基礎的財政収支(プライマリーバランス)、2025年度も赤字

飯田)昨日(7月25日)、経済財政諮問会議が総理官邸で開かれました。「基礎的財政収支(プライマリーバランス)」の中長期試算では、経済成長率を高めに実現すると仮定した場合でも、2025年度は赤字になる見通しだということです。一方で税収はずいぶん上がっていますね。

高橋)過去最高でしょう。

飯田)70兆円を超えています。

税収は22年度は上がっているが、23年度以降は前と同じ ~税収が上がった分が反映されていない

高橋)税収増でも「2025年度は黒字化できない」と書いてあったので数字を見たら、1月の試算とほとんど一緒でした。

飯田)そうなのですか?

高橋)各年度の内訳もあるから見てみたのですよ。そうしたら、税収は22年度に上がって、23年度以降は前と同じでした。つまり、税収が上がった分が全然反映されていない。
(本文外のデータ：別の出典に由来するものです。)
-- ===== src/Hpo/Activos.antt =====
-- espacio.py and estudio.py: which parameters a configuration that was put together has.
use mathlib.Core.List.{append-nil, append_assoc}
use pred_engine.Prelude.{
  String, ◌≡◌, refl, ap, sym, subst, ◌∙◌, true, false, Option, none, some, inl, inr, List, [], ◌∷◌,
  ◌++◌, map, ◌==◌, string_eq, Bool-cases, Todos,
}
use pred_engine.Prelude.Sorted.{filter}
use pred_engine.Prelude.Result.{Result, ok, ◌>>=◌, >>=-eq-ok, ok_injective, Pares, nil, cons}
use pred_engine.Hpo.Espacio.{
  Plataforma, EspacioError, Parametro, nombre, Condicion, Configuracion, get, poner, contiene,
  condicion_de, activo_por, activo, recorrer,
}
use pred_engine.Hpo.Declaracion.{EstaOrdenado, PadreAntes, eq_al_reves, or_false}

module _ (x : Plataforma) where
  get-poner_ne :
      (c : Configuracion x) (n m : String) (v : x.V)
      → (n == m) ≡ false
      → get x (poner x c n v) m ≡ get x c m
  get-poner_ne [] n m v h = rw h refl
  get-poner_ne (e ∷ c) n m v h = elim (Bool-cases (e.0 == n)) [
    | inl b ↦ rw (b, h, (string_eq.refleja e.0 n).0 b) (rw h refl)
    | inr b ↦ rw (b, get-poner_ne c n m v h) refl
  ]

  abbrev pub nombres : Configuracion x → List String
  nombres c = map (λ e. e.0) c

  poner_nuevo :
      (c : Configuracion x) (n : String) (v : x.V)
      → contiene x n (nombres c) ≡ false
      → poner x c n v ≡ c ++ (n, v) ∷ []
  poner_nuevo [] n v h = refl
  poner_nuevo (e ∷ c) n v h =
      let (b, hs) = or_false x (e.0 == n) (contiene x n (nombres c)) h in
      rw (b, poner_nuevo c n v hs) refl

  contiene-nuevo :
      (c : Configuracion x) (n m : String) (v : x.V)
      → contiene x m (nombres c) ≡ false
      → (n == m) ≡ false
      → contiene x m (nombres (c ++ (n, v) ∷ [])) ≡ false
  contiene-nuevo [] n m v h b = rw b refl
  contiene-nuevo (e ∷ c) n m v h b =
      let (d, hs) = or_false x (e.0 == m) (contiene x m (nombres c)) h in
      rw (d, contiene-nuevo c n m v hs b) refl

  abbrev pub SonNuevos : Configuracion x → List (Parametro x) → Type 0
  SonNuevos c ps = Todos (λ p. contiene x (nombre x p) (nombres c) ≡ false) ps

  siguen_nuevos :
      (c : Configuracion x) (n : String) (v : x.V) (ps : List (Parametro x))
      → contiene x n (map (nombre x) ps) ≡ false
      → SonNuevos c ps
      → SonNuevos (c ++ (n, v) ∷ []) ps
  siguen_nuevos c n v [] h nuevos = tt
  siguen_nuevos c n v (p ∷ ps) h nuevos =
      let (b, hs) = or_false x (nombre x p == n) (contiene x n (map (nombre x) ps)) h in
      (
        contiene-nuevo c n (nombre x p) v nuevos.0 (eq_al_reves x (nombre x p) n b),
        siguen_nuevos c n v ps hs nuevos.1,
      )

  activo_por-get :
      (o : Option (Condicion x)) (c d : Configuracion x) (ns : List String)
      → ((m : String) → contiene x m ns ≡ false → get x d m ≡ get x c m)
      → PadreAntes x o ns
      → activo_por x o d ≡ activo_por x o c
  activo_por-get none c d ns igual h = refl
  activo_por-get (some k) c d ns igual h = rw (igual k.padre h) refl

  module _ {S : Type 0} (valor_de : Parametro x → S → Result EspacioError (x.V × S))
      (cs : List (Condicion x)) where
    recorrer-activo :
        (p : Parametro x) (ps : List (Parametro x)) (c : Configuracion x) (s : S)
        → activo x cs c p ≡ true
        → recorrer x valor_de cs (p ∷ ps) c s
          ≡ (valor_de p s >>= λ r. recorrer x valor_de cs ps (poner x c (nombre x p) r.0) r.1)
    unfolding recorrer
    recorrer-activo p ps c s b = rw (b, recorrer) refl

    recorrer_inactivo :
        (p : Parametro x) (ps : List (Parametro x)) (c : Configuracion x) (s : S)
        → activo x cs c p ≡ false
        → recorrer x valor_de cs (p ∷ ps) c s ≡ recorrer x valor_de cs ps c s
    unfolding recorrer
    recorrer_inactivo p ps c s b = rw (b, recorrer) refl

    -- A name that is not of a parameter keeps its value.
    recorrer-get :
        (ps : List (Parametro x)) (c : Configuracion x) (s : S) {r : Configuracion x × S}
        → recorrer x valor_de cs ps c s ≡ ok r
        → (m : String) → contiene x m (map (nombre x) ps) ≡ false
        → get x r.0 m ≡ get x c m
    unfolding recorrer
    recorrer-get [] c s h m fuera = ap (λ r. get x r.0 m) (sym (ok_injective h))
    recorrer-get (p ∷ ps) c s {r} h m fuera =
        let (b, hs) = or_false x (nombre x p == m) (contiene x m (map (nombre x) ps)) fuera in
        elim (Bool-cases (activo x cs c p)) [
          | inl a ↦
              let (vs, ev, h') =
                >>=-eq-ok (valor_de p s) _ (sym (recorrer-activo p ps c s a) ∙ h) in
              recorrer-get ps (poner x c (nombre x p) vs.0) vs.1 h' m hs
              ∙ get-poner_ne c (nombre x p) m vs.0 b
          | inr a ↦ recorrer-get ps c s (sym (recorrer_inactivo p ps c s a) ∙ h) m hs
        ]

    -- The entries that the loop has added: one for each parameter that the result activates, in
    -- order, under its name, with a value that satisfies what holds of the values asked for.
    pub recorrer-Pares :
        (R : Parametro x → x.V → Type 0)
        → ((p : Parametro x) (s : S) (v : x.V × S) → valor_de p s ≡ ok v → R p v.0)
        → (ps : List (Parametro x)) (c : Configuracion x) (s : S) {r : Configuracion x × S}
        → EstaOrdenado x cs ps
        → SonNuevos c ps
        → recorrer x valor_de cs ps c s ≡ ok r
        → (nuevos : Configuracion x) × (r.0 ≡ c ++ nuevos)
          × Pares (λ p e. (e.0 ≡ nombre x p) × R p e.1) (filter (activo x cs r.0) ps) nuevos
    unfolding recorrer filter
    recorrer-Pares R ley [] c s orden nuevos h =
        ([], ap (λ r. r.0) (sym (ok_injective h)) ∙ sym (append-nil c), nil)
    recorrer-Pares R ley (p ∷ ps) c s {r} orden nuevos h =
        let igual : activo x cs r.0 p ≡ activo x cs c p =
          activo_por-get (condicion_de x cs (nombre x p)) c r.0 (map (nombre x) (p ∷ ps))
            (recorrer-get (p ∷ ps) c s h) (orden.1) in
        elim (Bool-cases (activo x cs c p)) [
          | inl a ↦
              let (vs, ev, h') =
                >>=-eq-ok (valor_de p s) _ (sym (recorrer-activo p ps c s a) ∙ h) in
              let pone = poner_nuevo c (nombre x p) vs.0 nuevos.0 in
              let (mas, une, pares) =
                recorrer-Pares R ley ps (c ++ (nombre x p, vs.0) ∷ []) vs.1 orden.2
                  (siguen_nuevos c (nombre x p) vs.0 ps orden.0 nuevos.1)
                  (subst (λ d. recorrer x valor_de cs ps d vs.1 ≡ ok r) pone h') in
              (
                (nombre x p, vs.0) ∷ mas,
                une ∙ append_assoc c ((nombre x p, vs.0) ∷ []) mas,
                rw (igual ∙ a) (cons (refl, ley p s vs ev) pares),
              )
          | inr a ↦
              let (mas, une, pares) =
                recorrer-Pares R ley ps c s orden.2 nuevos.1
                  (sym (recorrer_inactivo p ps c s a) ∙ h) in
              (mas, une, rw (igual ∙ a) pares)
        ]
22年度は68兆円から71兆円に上がっているが、23年度からの数字はほとんど一緒

飯田)「成長ケース」と書いてあるけれど、反映していない。通常は経済が成長すれば、同じ税率であっても金額は増えるはずですよね。

高橋)もちろん前も成長ケースなのだけれど、22年度だけ68兆円から71兆円になっていて、23年度からの数字はほとんど一緒でした。これはわざとです。

飯田)わざと。

高橋)数字だけ見ても、71兆円に上がり、その次の23年度には「ガタッ」と落ちるようになっているので、おかしいです。

飯田)そうなのですね。

高橋)前の数字は22年度が68兆円。その後は69兆円、71兆円、74兆円という感じになっていたのだけれど。

飯田)緩やかに上がっていく。

高橋)それが今度の改定では、22年度だけ「ポッ」と上がっていて、23年度以降は前とほとんど一緒です。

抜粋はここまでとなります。